Retrying ping6, I now get no packet loss when trying either ipv6.google.com or ipv6.download.thinkbroadband.com. On one test I left it for 30 mins with no packet loss.

I've tried a number of things with no luck. I tried appending "-auto_linklocal" to the end of ifconfig_vtnet0_ipv6 configuration in /etc/rc.conf. On reboot, the inet6 address starting "fe80..." was not created but also I could not ping6 any host with the command returning "ping6: UDP connect: No route to host"

I should point out that IPv4 is working fine.

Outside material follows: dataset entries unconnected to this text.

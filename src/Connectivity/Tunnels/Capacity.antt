-- ===== src/Connectivity/Tunnels/Capacity.antt =====
-- The number of tunnels of an app: countRelayTunnelAttemptsLocked under a request.
use agent_tunnel.Base.{
  ℕ, ◌≡◌, ◌≤◌, ◌<◌, refl, ap, Bool, true, not, ◌&&◌, Option, none, some, List, [], ◌∷◌, inl, inr,
  arith, ◌==◌, nat_eq, Bool-cases, Option-cases,
}
use agent_tunnel.Base.Text.{Text, text_eq}
use agent_tunnel.Base.Dict.{
  Dict, lookup, insert, count, count-delete_le, count-insert_le, count-insert_miss,
}
use agent_tunnel.Connectivity.{
  Registry, TunnelAttempt, AppOwner, Result, ok, err, Effect, LiveDaemon,
}
use agent_tunnel.Connectivity.Access.{same_app}
use agent_tunnel.Connectivity.Limits.{allow_relay_tunnel_request, record_relay_tunnel_request}
use agent_tunnel.Connectivity.Removal.{
  remove_tunnel_attempt, remove_rendezvous, remove_each, sweep_expired_tunnel_attempts,
}
use agent_tunnel.Connectivity.Tunnels.{
  drop_old_attempt, store_attempt, commit_relay_tunnel, commit_admitted, begin_normalized,
  begin_relay_tunnel, both_tokens, new_attempt,
}
use agent_tunnel.Connectivity.Requests.{
  normalize_request, request_key, admit_relay_tunnel, TunnelRequest, Env,
  count_relay_tunnel_attempts,
}
use agent_tunnel.Connectivity.Tunnels.Admission.{Admitted, admit-Admitted}

abbrev pub owned : AppOwner → Text → TunnelAttempt → Bool
owned owner key a = same_app a.app_owner owner

-- How many tunnels an app has.
abbrev pub in_flight : Registry → AppOwner → ℕ
in_flight r owner = count (owned owner) r.attempts

pub remove_each-in_flight :
    (r : Registry) (l : List TunnelAttempt) (owner : AppOwner)
    → in_flight (remove_each r l).0 owner ≤ in_flight r owner
unfolding remove_each remove_tunnel_attempt
remove_each-in_flight r [] owner = omega arith
remove_each-in_flight r (a ∷ l) owner = ground (
  arith,
  remove_each-in_flight (remove_tunnel_attempt r a).0 l owner,
  count-delete_le (owned owner) a.key r.attempts,
)

pub sweep-in_flight :
    (r : Registry) (now : ℕ) (owner : AppOwner)
    → in_flight (sweep_expired_tunnel_attempts r now).0 owner ≤ in_flight r owner
unfolding sweep_expired_tunnel_attempts
sweep-in_flight r now owner = remove_each-in_flight r _ owner

-- `same_app` is an equivalence where it holds.
same_app-transports : (a b c : AppOwner) → same_app a b ≡ true → same_app c a ≡ same_app c b
same_app-transports a b c h = grind arith

drop_old-count :
    (r : Registry) (key : Text) (p : Text → TunnelAttempt → Bool)
    → count p (drop_old_attempt r key).0.attempts ≤ count p r.attempts
unfolding drop_old_attempt remove_tunnel_attempt
drop_old-count r key p = elim (Option-cases (lookup key r.attempts)) [
  | inl e ↦ ground arith
  | inr (a, e) ↦ ground (arith, count-delete_le p a.key r.attempts)
]

count-ext :
    (p q : Text → TunnelAttempt → Bool) (m : Dict Text TunnelAttempt)
    → ((k : Text) (a : TunnelAttempt) → p k a ≡ q k a)
    → count p m ≡ count q m
unfolding count
count-ext p q [] h = refl
count-ext p q ((k, a) ∷ m) h = ground (arith, h k a, count-ext p q m h)

-- A dictionary of tunnels that has room for one more of its owner.
insert-count :
    (m : Dict Text TunnelAttempt) (a : TunnelAttempt) (owner : AppOwner) (key : Text)
    → count (λ j w. not (j == key) && same_app w.app_owner a.app_owner) m < 4
    → count (owned owner) m ≤ 4
    → count (owned owner) (insert key a m) ≤ 4
insert-count m a owner key room bound = elim (Bool-cases (same_app a.app_owner owner)) [
  | inl e ↦
      let others : count (λ j w. not (j == key) && same_app w.app_owner a.app_owner) m
          ≡ count (λ j w. not (j == key) && owned owner j w) m =
        count-ext _ _ m λ k w.
          ap (λ b. not (k == key) && b) (same_app-transports a.app_owner owner w.app_owner e) in
      ground (arith, count-insert_le (owned owner) key a m)
  | inr e ↦ ground (arith, count-insert_miss (owned owner) key a m e)
]

commit-in_flight :
    (r : Registry) (q : TunnelRequest) (live : LiveDaemon) (app_token daemon_token : Text)
    (env : Env) (owner : AppOwner)
    → count_relay_tunnel_attempts r q.owner (request_key q) < 4
    → in_flight r owner ≤ 4
    → in_flight (commit_relay_tunnel r q live app_token daemon_token env).0 owner ≤ 4
unfolding commit_relay_tunnel record_relay_tunnel_request remove_rendezvous store_attempt
    count_relay_tunnel_attempts
commit-in_flight r q live app_token daemon_token env owner room bound =
    let logged = record_relay_tunnel_request r q.owner.user_id env.now in
    let freed = (drop_old_attempt logged (request_key q)).0 in
    let key = request_key q in
    let others =
      drop_old-count logged key (λ j w. not (j == key) && same_app w.app_owner q.owner) in
    let all = drop_old-count logged key (owned owner) in
    insert-count freed.attempts (new_attempt freed q live app_token daemon_token env.created_at)
      owner key (omega arith) (omega arith)

pub admit-attempts :
    (r : Registry) (q : TunnelRequest) (now : ℕ)
    → (admit_relay_tunnel r q now).0.attempts ≡ r.attempts
unfolding admit_relay_tunnel allow_relay_tunnel_request
admit-attempts r q now = ground arith

Admitted-room :
    (r : Registry) (q : TunnelRequest) (now : ℕ) (live : LiveDaemon)
    → Admitted r q now live
    → count_relay_tunnel_attempts r q.owner (request_key q) < 4
Admitted-room r q now live a = a.in_flight

within : (m n : ℕ) → m ≤ n → n ≤ 4 → m ≤ 4
within m n below bound = omega arith

-- An admitted request has room beside the others of its app.
admit-room :
    (r : Registry) (q : TunnelRequest) (now : ℕ) (live : LiveDaemon)
    → (admit_relay_tunnel r q now).1 ≡ ok live
    → count_relay_tunnel_attempts (admit_relay_tunnel r q now).0 q.owner (request_key q) < 4
unfolding count_relay_tunnel_attempts
admit-room r q now live h =
    let admitted = admit-Admitted r q now live h in
    rw (admit-attempts r q now) (Admitted-room r q now live admitted)

commit_admitted-in_flight :
    (r : Registry) (q : TunnelRequest) (env : Env) (swept : List Effect)
    (tokens : Option (Text × Text)) (admitted : Result LiveDaemon) (owner : AppOwner)
    → ((live : LiveDaemon)
        → admitted ≡ ok live
        → count_relay_tunnel_attempts r q.owner (request_key q) < 4)
    → in_flight r owner ≤ 4
    → in_flight (commit_admitted r q env swept tokens admitted).0 owner ≤ 4
unfolding commit_admitted
commit_admitted-in_flight r q env swept tokens (err e) owner room bound = bound
commit_admitted-in_flight r q env swept none (ok live) owner room bound = bound
commit_admitted-in_flight r q env swept (some (a, d)) (ok live) owner room bound =
    commit-in_flight r q live a d env owner (room live refl) bound

begin_normalized-in_flight :
    (r : Registry) (q : TunnelRequest) (env : Env) (owner : AppOwner)
    → in_flight r owner ≤ 4
    → in_flight (begin_normalized r q env).0 owner ≤ 4
unfolding begin_normalized
begin_normalized-in_flight r q env owner bound =
    let swept = sweep_expired_tunnel_attempts r env.swept_at in
    let admitted = admit_relay_tunnel swept.0 q env.now in
    let kept : in_flight admitted.0 owner ≤ 4 =
      rw (admit-attempts swept.0 q env.now)
        (within _ _ (sweep-in_flight r env.swept_at owner) bound) in
    ground (
      arith,
      commit_admitted-in_flight admitted.0 q env swept.2 (both_tokens env) admitted.1 owner
          (admit-room swept.0 q env.now) kept,
    )

-- No request takes an app beyond four tunnels, whosever request it is.
pub begin-in_flight :
    (r : Registry) (q : TunnelRequest) (env : Env) (owner : AppOwner)
    → in_flight r owner ≤ 4
    → in_flight (begin_relay_tunnel r q env).0 owner ≤ 4
unfolding begin_relay_tunnel
begin-in_flight r q env owner bound =
    begin_normalized-in_flight r (normalize_request q) env owner bound
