-- ===== src/Connectivity/Machine/Untouched.antt =====
-- The operations that leave the tunnels alone.
use agent_tunnel.Base.{ℕ, ◌≡◌, Bool, List, arith, nat_eq}
use agent_tunnel.Base.Int.{ℤ}
use agent_tunnel.Base.Text.{Text, text_eq}
use agent_tunnel.Base.Peer.{Peer, peer_eq}
use agent_tunnel.Connectivity.{Registry, TrustedAndroid, AppOwner, DaemonOwner}
use agent_tunnel.Connectivity.Removal.{
  remove_rendezvous, expire_rendezvous, sweep_expired_rendezvous, sweep_expired_pair_correlations,
}
use agent_tunnel.Connectivity.Apps.{register_app_if_valid, disconnect_app}
use agent_tunnel.Connectivity.Pairing.{
  complete_pairing, reserve_pairing, Answer, begin_forward, finish_forward,
}
use agent_tunnel.Connectivity.Tunnels.{Pending}
use agent_tunnel.Connectivity.Rendezvous.{
  Opening, begin_rendezvous, open_normalized, commit_rendezvous, finish_rendezvous,
}
use agent_tunnel.Connectivity.Limits.{allow_rendezvous_request, record_rendezvous_request}
use agent_tunnel.Connectivity.Direct.{
  Claim, forward_rendezvous_hint, close_rendezvous_from_app, close_rendezvous_from_daemon,
  open_direct_session_from_daemon, close_direct_session_from_daemon,
}

-- The same tunnels and tokens.
abbrev pub Untouched : Registry → Registry → Type 0
Untouched r s = (s.attempts ≡ r.attempts) × (s.tokens ≡ r.tokens)

pub register_app-Untouched :
    (r : Registry) (owner : AppOwner) (peer : Peer) (valid : Bool) (now : ℕ)
    → Untouched r (register_app_if_valid r owner peer valid now).0
unfolding register_app_if_valid
register_app-Untouched r owner peer valid now = ground arith

pub disconnect_app-Untouched : (r : Registry) (peer : Peer) → Untouched r (disconnect_app r peer).0
unfolding disconnect_app remove_rendezvous
disconnect_app-Untouched r peer = ground arith

pub complete_pairing-Untouched :
    (r : Registry) (device_id : Text) (peer : Peer) (trusted : TrustedAndroid)
    → Untouched r (complete_pairing r device_id peer trusted).0
unfolding complete_pairing
complete_pairing-Untouched r device_id peer trusted = ground arith

pub reserve_pairing-Untouched :
    (r : Registry) (device_id : Text) (owner : DaemonOwner) (peer : Peer) (id : Text) (ttl : ℤ)
    (swept_at now : ℕ)
    → Untouched r (reserve_pairing r device_id owner peer id ttl swept_at now).0
unfolding reserve_pairing sweep_expired_pair_correlations
reserve_pairing-Untouched r device_id owner peer id ttl swept_at now = ground arith

pub begin_forward-Untouched :
    (r : Registry) (a : Answer) (now : ℕ) → Untouched r (begin_forward r a now).0
unfolding begin_forward
begin_forward-Untouched r a now = ground arith

pub finish_forward-Untouched :
    (r : Registry) (a : Answer) (peer : Peer) (delivered : Bool)
    → Untouched r (finish_forward r a peer delivered).0
unfolding finish_forward
finish_forward-Untouched r a peer delivered = ground arith

pub begin_rendezvous-Untouched :
    (valid : Text → Bool) (r : Registry) (q : Opening) (swept_at now : ℕ)
    → Untouched r (begin_rendezvous valid r q swept_at now).0
unfolding begin_rendezvous open_normalized commit_rendezvous remove_rendezvous
    sweep_expired_rendezvous allow_rendezvous_request record_rendezvous_request
begin_rendezvous-Untouched valid r q swept_at now = ground arith

pub finish_rendezvous-Untouched :
    (r : Registry) (p : Pending) (delivered : Bool)
    → Untouched r (finish_rendezvous r p delivered).0
unfolding finish_rendezvous
finish_rendezvous-Untouched r p delivered = ground arith

pub hint-Untouched :
    (valid : Text → Bool) (r : Registry) (c : Claim) (request_id public : Text)
    (private : List Text) (swept_at now : ℕ)
    → Untouched r (forward_rendezvous_hint valid r c request_id public private swept_at now).0
unfolding forward_rendezvous_hint sweep_expired_rendezvous
hint-Untouched valid r c request_id public private swept_at now = ground arith

pub close_rendezvous_from_app-Untouched :
    (r : Registry) (owner : AppOwner) (peer : Peer) (daemon_id attempt_id : Text)
    → Untouched r (close_rendezvous_from_app r owner peer daemon_id attempt_id).0
unfolding close_rendezvous_from_app remove_rendezvous
close_rendezvous_from_app-Untouched r owner peer daemon_id attempt_id = ground arith

pub close_rendezvous_from_daemon-Untouched :
    (r : Registry) (c : Claim) → Untouched r (close_rendezvous_from_daemon r c).0
unfolding close_rendezvous_from_daemon
close_rendezvous_from_daemon-Untouched r c = ground arith

pub open_direct-Untouched :
    (r : Registry) (c : Claim) (swept_at : ℕ)
    → Untouched r (open_direct_session_from_daemon r c swept_at).0
unfolding open_direct_session_from_daemon sweep_expired_rendezvous
open_direct-Untouched r c swept_at = ground arith

pub close_direct-Untouched :
    (r : Registry) (c : Claim) → Untouched r (close_direct_session_from_daemon r c).0
unfolding close_direct_session_from_daemon
close_direct-Untouched r c = ground arith

pub expire_rendezvous-Untouched :
    (r : Registry) (key : Text) (now : ℕ) → Untouched r (expire_rendezvous r key now)
unfolding expire_rendezvous
expire_rendezvous-Untouched r key now = ground arith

I'm stuck so any pointers to avoiding IPv6 packet loss without manual intervention would be greatly appreciated.

Thanks for your time
djbloc


----------



## SirDice (Dec 7, 2012)

Leave the link-local address. You need it.


----------



## kpa (Dec 7, 2012)

As SirDice said, don't mess with the link-local address, it's part of the spec and required for operation.


Someone who knows more please correct me if I'm wrong but I think you shouldn't be given a fe80: address for the default gateway when manually configuring the interface and default gw. You should be given a real routable ipv6 address for the default gw in that case.


----------



## SirDice (Dec 7, 2012)

kpa said:
			
		

> Someone who knows more please correct me if I'm wrong but I think you shouldn't be given a fe80: address for the default gateway when manually configuring the interface and default gw. You should be given a real routable ipv6 address for the default gw in that case.


No, this appears to be correct. When I first started with IPv6 I received a global address for a default gateway. These days I too get a link-local address. If I recall correctly that's supposed to happen according to the IPv6 specifications.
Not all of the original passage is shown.